● PROBLEM: Quote exactly, and only, the lines of the material below from the line with "rt.fl) (seen_by c p)" through the line with "let i = worker_index".
▶
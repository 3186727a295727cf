-- ===== src/Service/Sound.antt =====
-- The worker pool of workers.go and getLocalRateLimit of gubernator.go against the invariant on the
-- cached items.
use gubernator.Cache.Invariant.{IsValid, items}
use gubernator.Cache.Lru.{LruCache}
use gubernator.Leaky.Capped.{CapLaws, WaitsForward}
use gubernator.Leaky.Invariant.{leaky_bucket-Keeps}
use gubernator.Prelude.{
  ℕ, zero, suc, ◌*◌, ◌^◌, ◌<◌, subst, ℤ, pos, ◌≤ℤ◌, IsInt64, String, List, [], ◌∷◌, Option, none,
  some, Bool, ◌≡◌, inl, inr, refl, arith, sym, ap, All, str_eq, eq_iff, length, get_elem?,
  Bool-cases,
}
use gubernator.Service.Handlers.{
  Pool, Node, seen_by, after, set_at, handle_algorithm, handle_get_rate_limit, get_rate_limit,
  answered, get_local_rate_limit,
}
use gubernator.Service.Validate.{validate_max_wait, validate_max_wait_iff}
use gubernator.Sound.{Sound}
use gubernator.Token.Invariant.{token_bucket-Keeps}
use gubernator.Types.{Algorithm, RateLimitReq, error_resp, hash_key}
use gubernator.Workers.Ring.{
  IsPool, hash_space, hash_ring_step, worker_index, compute_hash63, get_worker, get_worker_total,
}
use gubernator.World.{Runtime, World, Outcome, ok, err}
use gubernator.World.Keeps.{Keeps, StoreKeeps}

-- No negative limit or burst, and no negative hits on a token bucket.
pub record IsRegular (r : RateLimitReq) : Type 0 where
  pub limit : pos 0 ≤ℤ r.limit
  pub limit_word : IsInt64 r.limit
  pub burst : pos 0 ≤ℤ r.burst
  pub hits_word : IsInt64 r.hits
  pub hits : r.algorithm ≡ Algorithm.token_bucket → pos 0 ≤ℤ r.hits

pub length-set_at {ℓ} :
    {A : Type ℓ} (i : ℕ) (y : A) (xs : List A) → length (set_at i y xs) ≡ length xs
unfolding set_at
length-set_at i y [] = refl
length-set_at zero y (x ∷ xs) = refl
length-set_at (suc i) y (x ∷ xs) = ap suc (length-set_at i y xs)

pub some-inj {ℓ} : {A : Type ℓ} {a b : A} → some a ≡ some b → a ≡ b
some-inj {A} {a} e = ap (λ (o : Option A). elim o [ none ↦ a | some x ↦ x ]) e

All-set_at {ℓ κ} :
    {A : Type ℓ} (P : A → Type κ) (i : ℕ) (y : A) (xs : List A)
    → P y
    → All P xs
    → All P (set_at i y xs)
unfolding set_at
All-set_at P i y [] p h = tt
All-set_at P zero y (x ∷ xs) p h = (p, h.1)
All-set_at P (suc i) y (x ∷ xs) p h = (h.0, All-set_at P i y xs p h.1)

All-get_elem? {ℓ κ} :
    {A : Type ℓ} (P : A → Type κ) (i : ℕ) (x : A) (xs : List A)
    → get_elem? xs i ≡ some x
    → All P xs
    → P x
All-get_elem? P i x [] e h = ground arith
All-get_elem? P zero x (y ∷ xs) e h = subst P (some-inj e) h.0
All-get_elem? P (suc i) x (y ∷ xs) e h = All-get_elem? P i x xs e h.1

waits_of_valid : (r : RateLimitReq) → validate_max_wait r ≡ "" → WaitsForward r
waits_of_valid r e = elim ((validate_max_wait_iff r).0 e) [
  | inl never ↦ ground (arith, never)
  | inr s ↦ inr s.hits
]

module _ {F S T : Type 0} (rt : Runtime F S T) (sum : String → ℕ) (ceiling : ℤ)
    (laws : CapLaws rt.fl) where
  abbrev pub CacheSound : LruCache F → Type 0
  CacheSound c = IsValid c × All (Sound rt.fl) (items c)

  -- A pool whose number of workers divides the hash space, with sound caches.
  pub record IsServing (p : Pool F S) : Type 0 where
    pub size : IsPool (length p.caches)
    pub even : length p.caches * hash_ring_step (length p.caches) ≡ hash_space
    pub sound : All CacheSound p.caches

  handle_algorithm-Keeps :
      (now : T) (r : RateLimitReq) (o : Bool) (a : Algorithm) (w : World F S)
      → r.algorithm ≡ a
      → StoreKeeps rt (Sound rt.fl)
      → IsRegular r
      → WaitsForward r
      → Keeps (Sound rt.fl) w
      → Keeps (Sound rt.fl) (handle_algorithm rt sum ceiling now r o a w).0
  unfolding handle_algorithm
  handle_algorithm-Keeps now r o Algorithm.token_bucket w e s g f k =
      token_bucket-Keeps rt now r o w s
        (record {
          hits = g.hits e;
          hits_word = g.hits_word;
          limit = g.limit;
          limit_word = g.limit_word;
        })
        k
  handle_algorithm-Keeps now r o Algorithm.leaky_bucket w e s g f k =
      leaky_bucket-Keeps rt laws now r o ceiling w s
        (record { limit = g.limit; burst = g.burst; waits = f }) k
  handle_algorithm-Keeps now r o (Algorithm.other_algorithm n) w e s g f k = k

  pub after-IsServing :
      (i : ℕ) (w : World F S) (p : Pool F S)
      → Keeps (Sound rt.fl) w
      → IsServing p
      → IsServing (after i w p)
  after-IsServing i w p k v =
      let same = length-set_at i w.cache p.caches in
      record {
        size = subst IsPool (sym same) v.size;
        even = subst (λ n. n * hash_ring_step n ≡ hash_space) (sym same) v.even;
        sound = All-set_at CacheSound i w.cache p.caches (k.valid, k.every) v.sound;
      }

  pub seen :
      (i : ℕ) (c : LruCache F) (p : Pool F S)
      → get_elem? p.caches i ≡ some c
      → IsServing p
      → Keeps (Sound rt.fl) (seen_by c p)
  seen i c p e v =
      let (valid, every) = All-get_elem? CacheSound i c p.caches e v.sound in
      record { valid = valid; every = every }

  -- Every key has a worker, and what the worker leaves is sound.
  pub get_rate_limit_lem :
      (now : T) (r : RateLimitReq) (o : Bool) (p : Pool F S)
      → ((key : String) → sum key < 2 ^ 64)
      → StoreKeeps rt (Sound rt.fl)
      → IsRegular r
      → WaitsForward r
      → IsServing p
      → (p' : Pool F S) × (out : Outcome) × (get_rate_limit rt sum ceiling now r o p
          ≡ some (p', out))
        × IsServing p'
  unfolding get_rate_limit handle_get_rate_limit get_worker
  get_rate_limit_lem now r o p bound s g f v =
      let i = worker_index (length p.caches) (compute_hash63 sum (hash_key r)) in
      let (c, e) = get_worker_total sum p.caches (hash_key r) (bound (hash_key r)) v.size v.even in
      let w = handle_get_rate_limit rt sum ceiling now r o (seen_by c p) in
      (
        after i w.0 p,
        w.1,
        rw (e, get_rate_limit) refl,
        after-IsServing i w.0 p
            (handle_algorithm-Keeps now r o r.algorithm (seen_by c p) refl s g f (seen i c p e v))
            v,
      )

  answered-pool :
      (r : RateLimitReq) (n : Node F S) (p : Pool F S) (out : Outcome)
      → (answered rt sum ceiling r n (p, out)).0.pool ≡ p
  unfolding answered
  answered-pool r n p (ok resp) = refl
  answered-pool r n p (err e) = refl

  -- A node that serves one request is still serving, and has an answer or an error for it.
  pub local_rate_limit_lem :
      (now : T) (r : RateLimitReq) (o : Bool) (n : Node F S)
      → ((key : String) → sum key < 2 ^ 64)
      → StoreKeeps rt (Sound rt.fl)
      → IsRegular r
      → IsServing n.pool
      → (n' : Node F S) × (out : Outcome) × (get_local_rate_limit rt sum ceiling now r o n
          ≡ some (n', out))
        × IsServing n'.pool
  unfolding get_local_rate_limit
  local_rate_limit_lem now r o n bound s g v = elim (Bool-cases (str_eq (validate_max_wait r) "")) [
    | inl fine ↦
        let valid = (eq_iff (validate_max_wait r) "").0 fine in
        let (p', out, e, v') =
          get_rate_limit_lem now r o n.pool bound s g (waits_of_valid r valid) v in
        let res = answered rt sum ceiling r n (p', out) in
        (
          res.0,
          res.1,
          rw (fine, get_local_rate_limit) (rw (e, get_local_rate_limit) refl),
          subst IsServing (sym (answered-pool r n p' out)) v',
        )
    | inr bad ↦ (n, ok (error_resp (validate_max_wait r)), rw (bad, get_local_rate_limit) refl, v)
  ]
◀
● TASK ANSWER:
      → Keeps (Sound rt.fl) (seen_by c p)
  seen i c p e v =
      let (valid, every) = All-get_elem? CacheSound i c p.caches e v.sound in
      record { valid = valid; every = every }

  -- Every key has a worker, and what the worker leaves is sound.
  pub get_rate_limit_lem :
      (now : T) (r : RateLimitReq) (o : Bool) (p : Pool F S)
      → ((key : String) → sum key < 2 ^ 64)
      → StoreKeeps rt (Sound rt.fl)
      → IsRegular r
      → WaitsForward r
      → IsServing p
      → (p' : Pool F S) × (out : Outcome) × (get_rate_limit rt sum ceiling now r o p
          ≡ some (p', out))
        × IsServing p'
  unfolding get_rate_limit handle_get_rate_limit get_worker
  get_rate_limit_lem now r o p bound s g f v =
      let i = worker_index (length p.caches) (compute_hash63 sum (hash_key r)) in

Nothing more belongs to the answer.